Note:  the script uses ffmpeg (to decode streams into yuv420p file) and ffprobe (to get width and height from the encoded stream). So, it’s up to user to put ffmpeg and fprobe to a folder from the PATH variable. The temporal file rec.yuv is created during decoding of the input stream, then this file is deleted.

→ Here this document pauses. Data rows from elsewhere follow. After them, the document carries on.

-- ===== src/Core/Mod/Rules.antt =====
-- A rule that was defined is the rule that an active pair finds.
use inet_forth.Net.{node_ctor, Rule, PrincipalWire, Heap}
use inet_forth.Core.{Program, Task}
use inet_forth.Core.Connect.{connect_active_pair}
use inet_forth.Core.Connect.Rules.{Among, IsFor, Chosen, connect_active_pair_lem}
use inet_forth.Core.Mod.{Mod, mod_find, mod_define_rule, add_rule, push_rule, as_node_ctor}
use inet_forth.Base.{
  ==_refl, Bool, List, Option, [], ap, inl, inr, ne→==, none, ok, refl, some, subst, sym, ℕ, ◌++◌,
  ◌∙◌, ◌∷◌, ◌≡◌, ◌≢◌, ◌⊎◌,
}

abbrev pub rule_of : (l r f : ℕ) → Rule
rule_of l r f = record { left_node_ctor = l; right_node_ctor = r; function = f }

abbrev pub task_of : (left right : ℕ) → Rule → Task
task_of left right rule = record { left = left; right = right; rule = rule }

-- No rule of the list is for the two constructors, in either order.
abbrev pub NoneFor : List Rule → (l r : ℕ) → Type 0
NoneFor rules l r = (x : Rule) → Among x rules → (¬ IsFor x l r) × (¬ IsFor x r l)

Among-snoc : (x rule : Rule) (rs : List Rule) → Among x (rs ++ rule ∷ []) → Among x rs ⊎ (x ≡ rule)
Among-snoc x rule [] (inl e) = inr e
Among-snoc x rule [] (inr h) = elim h [ ]
Among-snoc x rule (y ∷ rs) (inl e) = inl (inl e)
Among-snoc x rule (y ∷ rs) (inr h) = elim (Among-snoc x rule rs h) [
  | inl a ↦ inl (inr a)
  | inr e ↦ inr e
]

Among-last : (rule : Rule) (rs more : List Rule) → Among rule ((rs ++ rule ∷ []) ++ more)
Among-last rule [] more = inl refl
Among-last rule (y ∷ rs) more = inr (Among-last rule rs more)

Among-parts : (x : Rule) (xs ys : List Rule) → Among x (xs ++ ys) → Among x xs ⊎ Among x ys
Among-parts x [] ys h = inr h
Among-parts x (y ∷ xs) ys (inl e) = inl (inl e)
Among-parts x (y ∷ xs) ys (inr h) = elim (Among-parts x xs ys h) [
  | inl a ↦ inl (inr a)
  | inr b ↦ inr b
]

-- Among two lists that end in the new rule, only that rule is for the constructors.
only_new :
    (l r f : ℕ) (us vs : List Rule)
    → NoneFor us l r
    → NoneFor vs l r
    → (x : Rule) → Among x ((us ++ rule_of l r f ∷ []) ++ (vs ++ rule_of l r f ∷ []))
    → (x ≡ rule_of l r f) ⊎ ((¬ IsFor x l r) × (¬ IsFor x r l))
only_new l r f us vs na nb x h =
    elim (Among-parts x (us ++ rule_of l r f ∷ []) (vs ++ rule_of l r f ∷ []) h) [
      | inl a ↦ elim (Among-snoc x (rule_of l r f) us a) [ inl i ↦ inr (na x i) | inr e ↦ inl e ]
      | inr b ↦ elim (Among-snoc x (rule_of l r f) vs b) [ inl i ↦ inr (nb x i) | inr e ↦ inl e ]
    ]

Chosen-new :
    (l r f left right : ℕ) (us vs : List Rule) (o : Option Task)
    → l ≢ r
    → NoneFor us l r
    → NoneFor vs l r
    → Chosen ((us ++ rule_of l r f ∷ []) ++ (vs ++ rule_of l r f ∷ [])) left right l r o
    → o ≡ some (task_of left right (rule_of l r f))
Chosen-new l r f left right us vs none ne na nb chosen = absurd (
    (chosen (rule_of l r f) (Among-last (rule_of l r f) us (vs ++ rule_of l r f ∷ []))).0
      (refl, refl))
Chosen-new l r f left right us vs (some t) ne na nb (among, fits) =
    elim (only_new l r f us vs na nb t.rule among) [
      | inl new ↦ elim fits [
        | inl (a, b, c) ↦
            let same : some (task_of t.left t.right t.rule)
                ≡ some (task_of left right (rule_of l r f)) =
              rw (a, b, new) in
            same
        | inr (a, b, c) ↦ absurd (ne (sym (ap (λ (x : Rule). x.left_node_ctor) new) ∙ c.0))
      ]
      | inr (here, there) ↦ elim fits [
        | inl (a, b, c) ↦ absurd (here c)
        | inr (a, b, c) ↦ absurd (there c)
      ]
    ]

add_rule-left :
    (p : Program) (l r f : ℕ)
    → l ≢ r
    → ((add_rule p l r (rule_of l r f)).ctors l).rule_array
      ≡ (p.ctors l).rule_array ++ rule_of l r f ∷ []
unfolding add_rule push_rule
add_rule-left p l r f ne = rw (ne→== l r ne, ne→== r l (λ e. ne (sym e)), ==_refl l)

add_rule-right :
    (p : Program) (l r f : ℕ)
    → l ≢ r
    → ((add_rule p l r (rule_of l r f)).ctors r).rule_array
      ≡ (p.ctors r).rule_array ++ rule_of l r f ∷ []
unfolding add_rule push_rule
add_rule-right p l r f ne = rw (ne→== l r ne, ==_refl r)

module _ {ℓ} {K : Type ℓ} (hash_fn : K → ℕ) (key_equal_fn : K → K → Bool) where
  -- Two names stand for two different node constructors that no rule of either is for yet.
  -- Defining a rule for the names succeeds, and on the program that it gives, joining different
  -- principal wires of a node of the first and a node of the second constructor gives the task of
  -- that rule, its wires in that order.
  pub mod_define_rule_lem :
      (m : Mod K) (p : Program) (first second : K) (l r f : ℕ) (h : Heap) (left right : ℕ)
      (a b : PrincipalWire)
      → mod_find hash_fn key_equal_fn m first ≡ some (node_ctor l)
      → mod_find hash_fn key_equal_fn m second ≡ some (node_ctor r)
      → l ≢ r
      → NoneFor (p.ctors l).rule_array l r
      → NoneFor (p.ctors r).rule_array l r
      → left ≢ right
      → h.principal_wires left ≡ some a
      → h.principal_wires right ≡ some b
      → (h.nodes a.node).ctor ≡ some l
      → (h.nodes b.node).ctor ≡ some r
      → (q : Program) × (g : Heap) × (mod_define_rule hash_fn key_equal_fn m p first second f
          ≡ ok q)
        × (connect_active_pair q h left right ≡ ok (some (task_of left right (rule_of l r f)), g))
  unfolding mod_define_rule as_node_ctor
  mod_define_rule_lem m p first second l r f h left right a b el er ne nl nr apart ea eb ca cb =
      let q : Program = add_rule p l r (rule_of l r f) in
      let (o, g, run, linked, chosen) =
        connect_active_pair_lem q h left right l r a b apart ea eb ca cb in
      let found : o ≡ some (task_of left right (rule_of l r f)) =
        Chosen-new l r f left right (p.ctors l).rule_array (p.ctors r).rule_array o ne nl nr (
          subst
            (λ xs. Chosen (xs ++ ((p.ctors r).rule_array ++ rule_of l r f ∷ [])) left right l r o)
            (add_rule-left p l r f ne)
            (subst (λ xs. Chosen ((q.ctors l).rule_array ++ xs) left right l r o)
              (add_rule-right p l r f ne) chosen)) in
      (q, g, rw (el, er), run ∙ ap (λ x. ok (x, g)) found)
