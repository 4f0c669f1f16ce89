-- ===== src/Net/NodeAllocator/Conserved.antt =====
-- Every node is in one place: on the shared stack, on the worker's own, or elsewhere (in the net, or
-- on another worker's stack).
use inet_forth.Net.NodeAllocator.{
  NodeAllocator, refill, take_top, allocator_maybe_allocate, batch, prepare_one_batch_of_nodes,
  give_back, allocator_free,
}
use inet_forth.Base.{
  Bool-cases, List, Option, [], arith, if◌then◌else◌, inl, inr, is_some, leb, length, ltb, none,
  occurs, ok, refl, some, suc, true, zero, ℕ, ◌&&◌, ◌*◌, ◌+◌, ◌<◌, ◌==◌, ◌∷◌, ◌≡◌, ◌≤◌,
}

-- `lent n` says how often node `n` is elsewhere. The nodes are numbered from 1 to `node_count`.
abbrev pub Placed : NodeAllocator → List ℕ → (ℕ → ℕ) → Type 0
Placed a own lent =
    (n : ℕ)
    → occurs n a.stack + occurs n own + lent n ≡ (if ltb 0 n && leb n a.node_count then 1 else 0)

-- Node `n` goes to the caller.
abbrev pub lend : (ℕ → ℕ) → ℕ → ℕ → ℕ
lend lent n m = lent m + (if m == n then 1 else 0)

refill-occurs :
    (k : ℕ) (shared own : List ℕ) (n : ℕ)
    → occurs n (refill k shared own).0 + occurs n (refill k shared own).1
      ≡ occurs n shared + occurs n own
unfolding refill
refill-occurs zero shared own n = refl
refill-occurs (suc k) [] own n = refl
refill-occurs (suc k) (x ∷ shared) own n = omega (arith, refill-occurs k shared (x ∷ own) n)

refill-length : (k : ℕ) (shared own : List ℕ) → length own ≤ length (refill k shared own).1
unfolding refill
refill-length zero shared own = omega arith
refill-length (suc k) [] own = omega arith
refill-length (suc k) (x ∷ shared) own = omega (arith, refill-length k shared (x ∷ own))

-- A round of `prepare_one_batch_of_nodes` makes the next nodes and puts them on the shared stack.
pub batch-Placed :
    (k : ℕ) (a : NodeAllocator) (own : List ℕ) (lent : ℕ → ℕ)
    → Placed a own lent
    → Placed (batch k a) own lent
unfolding batch
batch-Placed zero a own lent h = h
batch-Placed (suc k) a own lent h = batch-Placed k _ own lent λ n. ground (arith, h n)

pub batch-length : (k : ℕ) (a : NodeAllocator) → k + length a.stack ≤ length (batch k a).stack
unfolding batch
batch-length zero a = omega arith
batch-length (suc k) a = omega (
  arith,
  batch-length k (record a { node_count = a.node_count + 1; stack = (a.node_count + 1) ∷ a.stack }),
)

pub batch-sizes :
    (k : ℕ) (a : NodeAllocator)
    → ((batch k a).cache_size ≡ a.cache_size) × ((batch k a).batch_size ≡ a.batch_size)
unfolding batch
batch-sizes zero a = (refl, refl)
batch-sizes (suc k) a = batch-sizes k _

-- What an attempt to allocate may come to.
abbrev pub Attempt : (ℕ → ℕ) → Option ℕ × NodeAllocator × List ℕ → Type 0
Attempt lent (none, a, own) = Placed a own lent × (own ≡ [])
Attempt lent (some n, a, own) = Placed a own (lend lent n)

take_top-Attempt :
    (a : NodeAllocator) (own : List ℕ) (lent : ℕ → ℕ)
    → Placed a own lent
    → Attempt lent (take_top a own)
unfolding take_top
take_top-Attempt a [] lent h = (h, refl)
take_top-Attempt a (n ∷ own) lent h = λ m. ground (arith, h m)

pub maybe-Attempt :
    (a : NodeAllocator) (own : List ℕ) (lent : ℕ → ℕ)
    → Placed a own lent
    → Attempt lent (allocator_maybe_allocate a own)
unfolding allocator_maybe_allocate
maybe-Attempt a [] lent h =
    take_top-Attempt _ _ lent λ n. omega (arith, h n, refill-occurs a.cache_size a.stack [] n)
maybe-Attempt a (x ∷ own) lent h = take_top-Attempt a (x ∷ own) lent h

refill_pos :
    (k : ℕ) (shared : List ℕ) → 0 < k → 0 < length shared → 0 < length (refill k shared []).1
unfolding refill
refill_pos zero shared pos some_shared = absurd (omega arith)
refill_pos (suc k) [] pos some_shared = absurd (omega arith)
refill_pos (suc k) (x ∷ shared) pos some_shared = omega (arith, refill-length k shared (x ∷ []))

take_top_some :
    (a : NodeAllocator) (own : List ℕ) → 0 < length own → is_some (take_top a own).0 ≡ true
unfolding take_top
take_top_some a [] pos = absurd (omega arith)
take_top_some a (n ∷ own) pos = refl

take_top-sizes :
    (a : NodeAllocator) (own : List ℕ)
    → ((take_top a own).1.cache_size ≡ a.cache_size)
      × ((take_top a own).1.batch_size ≡ a.batch_size)
unfolding take_top
take_top-sizes a [] = (refl, refl)
take_top-sizes a (n ∷ own) = (refl, refl)

pub maybe-sizes :
    (a : NodeAllocator) (own : List ℕ)
    → ((allocator_maybe_allocate a own).1.cache_size ≡ a.cache_size)
      × ((allocator_maybe_allocate a own).1.batch_size ≡ a.batch_size)
unfolding allocator_maybe_allocate
maybe-sizes a [] = take_top-sizes _ _
maybe-sizes a (n ∷ own) = take_top-sizes a (n ∷ own)

-- With a node on the shared stack the next attempt succeeds.
pub maybe_some :
    (a : NodeAllocator)
    → 0 < a.cache_size
    → 0 < length a.stack
    → is_some (allocator_maybe_allocate a []).0 ≡ true
unfolding allocator_maybe_allocate
maybe_some a cache pos = take_top_some _ _ (refill_pos a.cache_size a.stack cache pos)

pub prepare-Placed :
    (a : NodeAllocator) (own : List ℕ) (lent : ℕ → ℕ)
    → Placed a own lent
    → Placed (prepare_one_batch_of_nodes a) own lent
unfolding prepare_one_batch_of_nodes
prepare-Placed a own lent h = batch-Placed a.batch_size a own lent h

give_back_lem :
    (k : ℕ) (shared own : List ℕ)
    → k ≤ length own
    → (s : List ℕ) × (o : List ℕ) × (give_back k shared own ≡ ok (s, o))
      × ((n : ℕ) → occurs n s + occurs n o ≡ occurs n shared + occurs n own)
unfolding give_back
give_back_lem zero shared own le = (shared, own, refl, λ n. refl)
give_back_lem (suc k) shared [] le = absurd (omega arith)
give_back_lem (suc k) shared (x ∷ own) le =
    let (s, o, run, same) = give_back_lem k (x ∷ shared) own (omega arith) in
    (s, o, run, λ n. omega (arith, same n))

-- Where all nodes are accounted for, giving a lent node back always succeeds, and all nodes stay
-- accounted for.
pub allocator_free_lem :
    (a : NodeAllocator) (own : List ℕ) (lent : ℕ → ℕ) (n : ℕ)
    → Placed a own (lend lent n)
    → (a' : NodeAllocator) × (own' : List ℕ) × (allocator_free a own n ≡ ok (a', own'))
      × Placed a' own' lent
unfolding allocator_free
allocator_free_lem a own lent n h = elim (Bool-cases (leb (2 * a.cache_size) (length own))) [
  | inl full ↦
      let (s, o, run, same) = give_back_lem a.cache_size a.stack own (ground arith) in
      (record a { stack = s }, n ∷ o, rw (full, run), λ m. ground (arith, h m, same m))
  | inr room ↦ (a, n ∷ own, rw room, λ m. ground (arith, h m))
]

pub allocator_free_total :
    (a : NodeAllocator) (own : List ℕ) (n : ℕ)
    → (a' : NodeAllocator) × (own' : List ℕ) × (allocator_free a own n ≡ ok (a', own'))
unfolding allocator_free
allocator_free_total a own n = elim (Bool-cases (leb (2 * a.cache_size) (length own))) [
  | inl full ↦
      let (s, o, run, same) = give_back_lem a.cache_size a.stack own (ground arith) in
      (record a { stack = s }, n ∷ o, rw (full, run))
  | inr room ↦ (a, n ∷ own, rw room)
]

Example:  compute sharpness scores per frame

python GetSharpnessScores.py -i box512.h264 -v
width 640
height 480
frame 0 sharpness 17.675
frame 1 sharpness 17.532
frame 2 sharpness 16.850
frame 3 sharpness 16.828
frame 4 sharpness 16.164
frame 5 sharpness 15.480
frame 6 sharpness 15.656
frame 7 sharpness 15.807
frame 8 sharpness 16.015
frame 9 sharpness 15.168
frame 10 sharpness 15.301
frame 11 sharpness 15.170
frame 12 sharpness 15.853
frame 13 sharpness 15.693
frame 14 sharpness 15.442
frame 15 sharpness 15.073
frame 16 sharpness 15.166
frame 17 sharpness 14.564
frame 18 sharpness 14.668
frame 19 sharpness 14.403
frame 20 sharpness 15.051
frame 21 sharpness 14.979
frame 22 sharpness 15.411
...
frame 447 sharpness 15.488
frame 448 sharpness 15.315
frame 449 sharpness 15.943
frame 450 sharpness 14.892
frame 451 sharpness 15.348
frame 452 sharpness 14.879
frame 453 sharpness 15.805
frame 454 sharpness 15.765
frame 455 sharpness 15.366
frame 456 sharpness 15.299

Average sharpness of box512.h264 14.551

 

8. Texture Masking

the same amount of random noise is added to the areas with different frequency distribution backgrounds is differently noticed. The noise added to flat (low frequency) background
is much more visible than that added to texture (high frequency) background:

taken from the paper “A Human Visual System-Based Objective Video Distortion Measurement System”, Zhou Wang and Alan C. Bovik

 

9. Banding

Artificial contouring in near flat areas (e.g. blue sky).

To cope with the banding distortions the technique called Dithering is commonly used –  intentionally applied noise to randomize quantization errors and consequently to reduce the banding visibility.